In the summer of 1996 - the year before I started working with Louis Navellier - I was working with four investment advisors at a major publishing company, turning their research into readable and actionable advice for a large and growing consumer audience. That summer, there were three major sell signals by market timers who had a superb historical record as market timers. They were very famous at the time. (I won't name these advisors here but you can read an excellent summary in a New York Times account the week it happened: "From Bears to Bulls and Back Again" by Reed Abelson, N.Y. Times July 28, 1996).

One leading technical analyst issued his sell signal on June 22, 1996. I was not affiliated with this person, but I knew him well from introducing him at various investment conferences in that era. He was quickly joined by other bears. In mid-July, two famous advisors affiliated with our publishing company issued major sell signals within eight days. First, on Monday, July 15, 1996, after the Dow lost 161 points in a day, a famous mutual fund market timer issued a sell signal to his followers, who were legion. Mutual fund redemptions were unusually heavy that week. One fund attributed $100 million in sales to that call.

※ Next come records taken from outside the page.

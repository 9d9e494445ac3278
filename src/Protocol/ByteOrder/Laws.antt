-- ===== src/Protocol/ByteOrder/Laws.antt =====
-- The readers and writers of ByteOrder.hpp are the big-endian numerals.
use Prim.Native.Nat.{bit_or}
use lite_im.Prelude.{ℕ, ◌+◌, ◌*◌, ◌/◌, ◌%◌, ◌^◌, ◌<◌, ◌≡◌, [], ◌∷◌, ◌++◌, append_assoc, arith}
use lite_im.Prelude.Bits.{bit_or_shift}
use lite_im.Protocol.Bytes.{Bytes, IsByte, AreBytes}
use lite_im.Protocol.ByteOrder.{
  append_uint16_be, append_uint32_be, append_uint64_be, read_uint16_be, read_uint32_be,
  read_uint64_be,
}
use lite_im.Protocol.ByteOrder.Values.{be, of_be}

-- Two shifts in a row.
shr_16 : (v : ℕ) → v / 256 / 256 ≡ v / 2 ^ 16
shr_16 v = omega arith

shr_24 : (v : ℕ) → v / 2 ^ 16 / 256 ≡ v / 2 ^ 24
shr_24 v = omega arith

shr_32 : (v : ℕ) → v / 2 ^ 24 / 256 ≡ v / 2 ^ 32
shr_32 v = omega arith

shr_40 : (v : ℕ) → v / 2 ^ 32 / 256 ≡ v / 2 ^ 40
shr_40 v = omega arith

shr_48 : (v : ℕ) → v / 2 ^ 40 / 256 ≡ v / 2 ^ 48
shr_48 v = omega arith

shr_56 : (v : ℕ) → v / 2 ^ 48 / 256 ≡ v / 2 ^ 56
shr_56 v = omega arith

shr_0 : (v : ℕ) → v / 1 ≡ v
shr_0 v = omega arith

ruleset shifts = (shr_16, shr_24, shr_32, shr_40, shr_48, shr_56, shr_0)

pub append_uint16_be_lem : (output : Bytes) (v : ℕ) → append_uint16_be output v ≡ output ++ be 2 v
unfolding append_uint16_be be
append_uint16_be_lem output v = append_assoc output _ _

pub append_uint32_be_lem : (output : Bytes) (v : ℕ) → append_uint32_be output v ≡ output ++ be 4 v
unfolding append_uint32_be be
append_uint32_be_lem output v = simp (append_assoc, shifts)

pub append_uint64_be_lem : (output : Bytes) (v : ℕ) → append_uint64_be output v ≡ output ++ be 8 v
unfolding append_uint64_be be
append_uint64_be_lem output v = simp (append_assoc, shifts)

-- One `|` of two parts that do not meet.
or_part : (k hi lo : ℕ) → lo < 2 ^ k → (x : ℕ) → x ≡ hi * 2 ^ k → bit_or x lo ≡ x + lo
or_part k hi lo h x e = rw e (bit_or_shift k hi lo h)

pub read_uint16_be_lem :
    (a b : ℕ) (rest : Bytes)
    → IsByte a
    → IsByte b
    → read_uint16_be (a ∷ b ∷ rest) ≡ of_be (a ∷ b ∷ [])
unfolding read_uint16_be of_be
read_uint16_be_lem a b rest p q =
    let word : a * 2 ^ 8 % 2 ^ 32 ≡ a * 2 ^ 8 = omega arith in
    rw (word, bit_or_shift 8 a b q) (omega arith)

pub read_uint32_be_lem :
    (a b c d : ℕ) (rest : Bytes)
    → IsByte a
    → IsByte b
    → IsByte c
    → IsByte d
    → read_uint32_be (a ∷ b ∷ c ∷ d ∷ rest) ≡ of_be (a ∷ b ∷ c ∷ d ∷ [])
unfolding read_uint32_be of_be
read_uint32_be_lem a b c d rest p q r s =
    let a' : a * 2 ^ 24 % 2 ^ 32 ≡ a * 2 ^ 24 = omega arith in
    let b' : b * 2 ^ 16 % 2 ^ 32 ≡ b * 2 ^ 16 = omega arith in
    let c' : c * 2 ^ 8 % 2 ^ 32 ≡ c * 2 ^ 8 = omega arith in
    rw
      (
        a',
        b',
        c',
        bit_or_shift 24 a (b * 2 ^ 16) (omega arith),
        or_part 16 (a * 256 + b) (c * 2 ^ 8) (omega arith) (a * 2 ^ 24 + b * 2 ^ 16) (omega arith),
        or_part 8 ((a * 256 + b) * 256 + c) d s (a * 2 ^ 24 + b * 2 ^ 16 + c * 2 ^ 8) (omega arith),
      )
      (omega arith)

-- One round of the 64-bit reader, while the value still fits.
read_round :
    (value b : ℕ) → value < 2 ^ 56 → IsByte b → bit_or (value * 2 ^ 8 % 2 ^ 64) b ≡ value * 256 + b
read_round value b h k =
    let word : value * 2 ^ 8 % 2 ^ 64 ≡ value * 2 ^ 8 = omega arith in
    rw (word, bit_or_shift 8 value b k) (omega arith)

pub read_uint64_be_lem :
    (a b c d e f g h : ℕ) (rest : Bytes)
    → AreBytes (a ∷ b ∷ c ∷ d ∷ e ∷ f ∷ g ∷ h ∷ [])
    → read_uint64_be (a ∷ b ∷ c ∷ d ∷ e ∷ f ∷ g ∷ h ∷ rest)
      ≡ of_be (a ∷ b ∷ c ∷ d ∷ e ∷ f ∷ g ∷ h ∷ [])
unfolding read_uint64_be of_be
read_uint64_be_lem a b c d e f g h rest (qa, (qb, (qc, (qd, (qe, (qf, (qg, (qh, _)))))))) = rw (
  read_round 0 a (omega arith) qa,
  read_round (0 * 256 + a) b (omega arith) qb,
  read_round ((0 * 256 + a) * 256 + b) c (omega arith) qc,
  read_round (((0 * 256 + a) * 256 + b) * 256 + c) d (omega arith) qd,
  read_round ((((0 * 256 + a) * 256 + b) * 256 + c) * 256 + d) e (omega arith) qe,
  read_round (((((0 * 256 + a) * 256 + b) * 256 + c) * 256 + d) * 256 + e) f (omega arith) qf,
  read_round ((((((0 * 256 + a) * 256 + b) * 256 + c) * 256 + d) * 256 + e) * 256 + f) g
      (omega arith) qg,
  read_round (((((((0 * 256 + a) * 256 + b) * 256 + c) * 256 + d) * 256 + e) * 256 + f) * 256 + g) h
      (omega arith) qh,
)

That kerfuffle was merely a foretaste of what happened on Tuesday, July 23, 1996, when a more widely followed market timer issued a "sell all stocks" signal on national TV at around noon Eastern time. The market had been up that day, through noon. The Dow was up 40 points as of noon, but it lost 84 points that afternoon to close down 44 points and the turnaround was blamed on her very public sell signal.

So what happened next? The rapid recovery during the week of July 29 to August 2, 1996 was the initial slap in the face for any hasty sellers. Then the market just kept soaring. On July 23, 1997 - one full year after that famous sell signal - the S&P closed at 936.56, up a huge 49.4% from 626.87 on the day of that ill-fated sell signal (July 23, 1996). To her credit, she reversed her sell signal in February 1997, but many investors failed to get back into stocks in time, as they had lost their faith in any market-timing gurus.

The prophets of doom will always be with us. After the terrible market opening in the first week of 2016, FORTUNE Magazine reported on a major bank analyst predicting a 75% crash (January 13, 2016: "Here Comes the Biggest Stock Market Crash in a Generation: It would be worse than the financial crisis.")

Five years ago, a viral 77-minute video circulated in our e-mailboxes throughout 2011 entitled, "The End of America," in which the promoter said that the dollar was doomed, gold would soar, and stocks would crash, but it was published in the year gold peaked and the dollar bottomed out. The S&P 500 had a sharp correction in August 2011, but it has doubled from its 2011 low of 1075 to 2163 in less than five years.

Please pay no heed to anyone who tells you to "sell all stocks." Even in the worst markets, try shifting sectors instead, but don't let the juggernaut of this incredible stock market wealth machine pass you by.

Disclosure: *Navellier may hold securities in one or more investment strategies offered to its clients.